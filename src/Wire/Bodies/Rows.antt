-- ===== src/Wire/Bodies/Rows.antt =====
-- A row of a result set, read as a client reads it: a null marker or a text behind its length.
use mindsdb_database_ai.Prelude.{
  ℕ, zero, suc, ◌^◌, ◌<◌, ◌≡◌, refl, sym, ap, arith, Bool, false, Option, none, some, List, [], ◌∷◌,
  ◌++◌, length, Result, ok, raise, ◌>>=◌, append_assoc, append-nil, All, ◌==◌, if◌then◌else◌,
  index_error, type_error,
}
use mindsdb_database_ai.Prelude.Bytes.{Bytes, le_bytes}
use mindsdb_database_ai.Prelude.Text.{Str, utf8}
use mindsdb_database_ai.Wire.Datum.{
  Value, bytes, string_type, lenenc, datum, set_from_buff, null_value,
}
use mindsdb_database_ai.Wire.Datum.Lenenc.{protocol_int}
use mindsdb_database_ai.Wire.Datum.RoundTrip.{Reads-lenenc}
use mindsdb_database_ai.Wire.Datum.Written.{Writes-lenenc}
use mindsdb_database_ai.Wire.Bodies.{row_field, row_from, resultset_row}
use mindsdb_database_ai.Wire.Bodies.Layout.{protocol_text, IsShort}

abbrev bytes_of : Value → Result Bytes
bytes_of (bytes bs) = ok bs
bytes_of _ = raise type_error

-- A client's reading of one value, and of `n` values.
pub read_text : Bytes → Result (Option Bytes × Bytes)
read_text buff = do
  (d, rest) ← set_from_buff (datum string_type lenenc) buff
  bs ← bytes_of d.value
  ok (some bs, rest)

pub read_cell : Bytes → Result (Option Bytes × Bytes)
read_cell [] = raise index_error
read_cell (b ∷ buff) = if b == null_value then ok (none, buff) else read_text (b ∷ buff)

pub read_row : ℕ → Bytes → Result (List (Option Bytes) × Bytes)
read_row zero buff = ok ([], buff)
read_row (suc n) buff = do
  (cell, rest) ← read_cell buff
  (cells, rest') ← read_row n rest
  ok (cell ∷ cells, rest')

abbrev pub cell_of : Option Str → Option Bytes
cell_of none = none
cell_of (some s) = some (utf8 s)

abbrev pub cells_of : List (Option Str) → List (Option Bytes)
cells_of [] = []
cells_of (x ∷ xs) = cell_of x ∷ cells_of xs

abbrev pub IsShortCell : Option Str → Type 0
IsShortCell none = Unit {0}
IsShortCell (some s) = IsShort s

abbrev cell_bytes : Option Str → Bytes
cell_bytes none = null_value ∷ []
cell_bytes (some s) = protocol_text s

unfoldable pub row_bytes : List (Option Str) → Bytes
row_bytes [] = []
row_bytes (x ∷ xs) = cell_bytes x ++ row_bytes xs

row_field_lem : (x : Option Str) → IsShortCell x → row_field x ≡ ok (cell_bytes x)
row_field_lem none h = refl
row_field_lem (some s) h = rw (Writes-lenenc s h)

row_from_lem :
    (string : Bytes) (xs : List (Option Str))
    → All IsShortCell xs
    → row_from string xs ≡ ok (string ++ row_bytes xs)
unfolding row_from row_bytes
row_from_lem string [] h = ap (λ b. ok b) (sym (append-nil string))
row_from_lem string (x ∷ xs) h = rw (
  row_field_lem x h.0,
  row_from_lem (string ++ cell_bytes x) xs h.1,
  append_assoc string (cell_bytes x) (row_bytes xs),
)

-- A text's length never begins with the null marker.
read_cell-protocol_int :
    (n : ℕ) (tail : Bytes) → read_cell (protocol_int n ++ tail) ≡ read_text (protocol_int n ++ tail)
unfolding protocol_int read_cell
read_cell-protocol_int n tail = ground arith

read_text-protocol_text :
    (s : Str) (rest : Bytes)
    → IsShort s
    → read_text (protocol_text s ++ rest) ≡ ok (some (utf8 s), rest)
unfolding read_text
read_text-protocol_text s rest h = rw (Reads-lenenc (utf8 s) h rest)

read_cell-cell_bytes :
    (x : Option Str) (rest : Bytes)
    → IsShortCell x
    → read_cell (cell_bytes x ++ rest) ≡ ok (cell_of x, rest)
read_cell-cell_bytes none rest h = unfold read_cell in refl
read_cell-cell_bytes (some s) rest h =
    let n : Bytes = protocol_int (length (utf8 s)) in
    rw (append_assoc n (utf8 s) rest, read_cell-protocol_int, ← append_assoc n (utf8 s) rest)
      (read_text-protocol_text s rest h)

pub read_row-row_bytes :
    (xs : List (Option Str)) (rest : Bytes)
    → All IsShortCell xs
    → read_row (length xs) (row_bytes xs ++ rest) ≡ ok (cells_of xs, rest)
unfolding read_row row_bytes
read_row-row_bytes [] rest h = refl
read_row-row_bytes (x ∷ xs) rest h = rw (
  append_assoc (cell_bytes x) (row_bytes xs) rest,
  read_cell-cell_bytes x (row_bytes xs ++ rest) h.0,
  read_row-row_bytes xs rest h.1,
)

pub resultset_row-row_bytes :
    (row : List (Option Str)) → All IsShortCell row → resultset_row row ≡ ok (row_bytes row)
unfolding resultset_row
resultset_row-row_bytes row h = row_from_lem [] row h

-- Whether a packet behind the rows begins like this.
unfoldable pub is_end : Bytes → Bool
is_end [] = false
is_end (b ∷ bs) = b == 0xfe

protocol_int-begins :
    (n : ℕ) (tail : Bytes)
    → n < 2 ^ 24
    → (is_end (protocol_int n ++ tail) ≡ false) × (0 < length (protocol_int n ++ tail))
unfolding is_end protocol_int le_bytes
protocol_int-begins n tail h = (ground arith, ground arith)

-- A row of one value at least is not empty, and does not begin like the packet behind the rows.
pub row_bytes-begins :
    (x : Option Str) (xs : List (Option Str))
    → IsShortCell x
    → (is_end (row_bytes (x ∷ xs)) ≡ false) × (0 < length (row_bytes (x ∷ xs)))
unfolding row_bytes is_end
row_bytes-begins none xs h = (refl, omega arith)
row_bytes-begins (some s) xs h =
    let n : Bytes = protocol_int (length (utf8 s)) in
    let (first, more) = protocol_int-begins (length (utf8 s)) (utf8 s ++ row_bytes xs) h in
    (
      rw (append_assoc n (utf8 s) (row_bytes xs)) first,
      rw (append_assoc n (utf8 s) (row_bytes xs)) more,
    )

-- What `ResultsetRowPacket` writes for a row, whose texts have less than 2 ^ 24 bytes each, is read
-- back by a client that expects as many values: the nulls are nulls, each text is its encoding, and
-- what follows is left.
pub resultset_row_round_trip :
    (row : List (Option Str))
    → All IsShortCell row
    → (bs : Bytes) × (resultset_row row ≡ ok bs)
      × ((rest : Bytes) → read_row (length row) (bs ++ rest) ≡ ok (cells_of row, rest))
unfolding resultset_row
resultset_row_round_trip row h =
    (row_bytes row, row_from_lem [] row h, λ rest. read_row-row_bytes row rest h)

★ ★ ★ ★

What you return must be the lines above that run from the line with "bs ← bytes_of d.value" to the line with "(string : Bytes) (xs : List (Option Str))", inclusive, each copied exactly.

**Written reply**
  bs ← bytes_of d.value
  ok (some bs, rest)

pub read_cell : Bytes → Result (Option Bytes × Bytes)
read_cell [] = raise index_error
read_cell (b ∷ buff) = if b == null_value then ok (none, buff) else read_text (b ∷ buff)

pub read_row : ℕ → Bytes → Result (List (Option Bytes) × Bytes)
read_row zero buff = ok ([], buff)
read_row (suc n) buff = do
  (cell, rest) ← read_cell buff
  (cells, rest') ← read_row n rest
  ok (cell ∷ cells, rest')

abbrev pub cell_of : Option Str → Option Bytes
cell_of none = none
cell_of (some s) = some (utf8 s)

abbrev pub cells_of : List (Option Str) → List (Option Bytes)
cells_of [] = []
cells_of (x ∷ xs) = cell_of x ∷ cells_of xs

abbrev pub IsShortCell : Option Str → Type 0
IsShortCell none = Unit {0}
IsShortCell (some s) = IsShort s

abbrev cell_bytes : Option Str → Bytes
cell_bytes none = null_value ∷ []
cell_bytes (some s) = protocol_text s

unfoldable pub row_bytes : List (Option Str) → Bytes
row_bytes [] = []
row_bytes (x ∷ xs) = cell_bytes x ++ row_bytes xs

row_field_lem : (x : Option Str) → IsShortCell x → row_field x ≡ ok (cell_bytes x)
row_field_lem none h = refl
row_field_lem (some s) h = rw (Writes-lenenc s h)

row_from_lem :
    (string : Bytes) (xs : List (Option Str))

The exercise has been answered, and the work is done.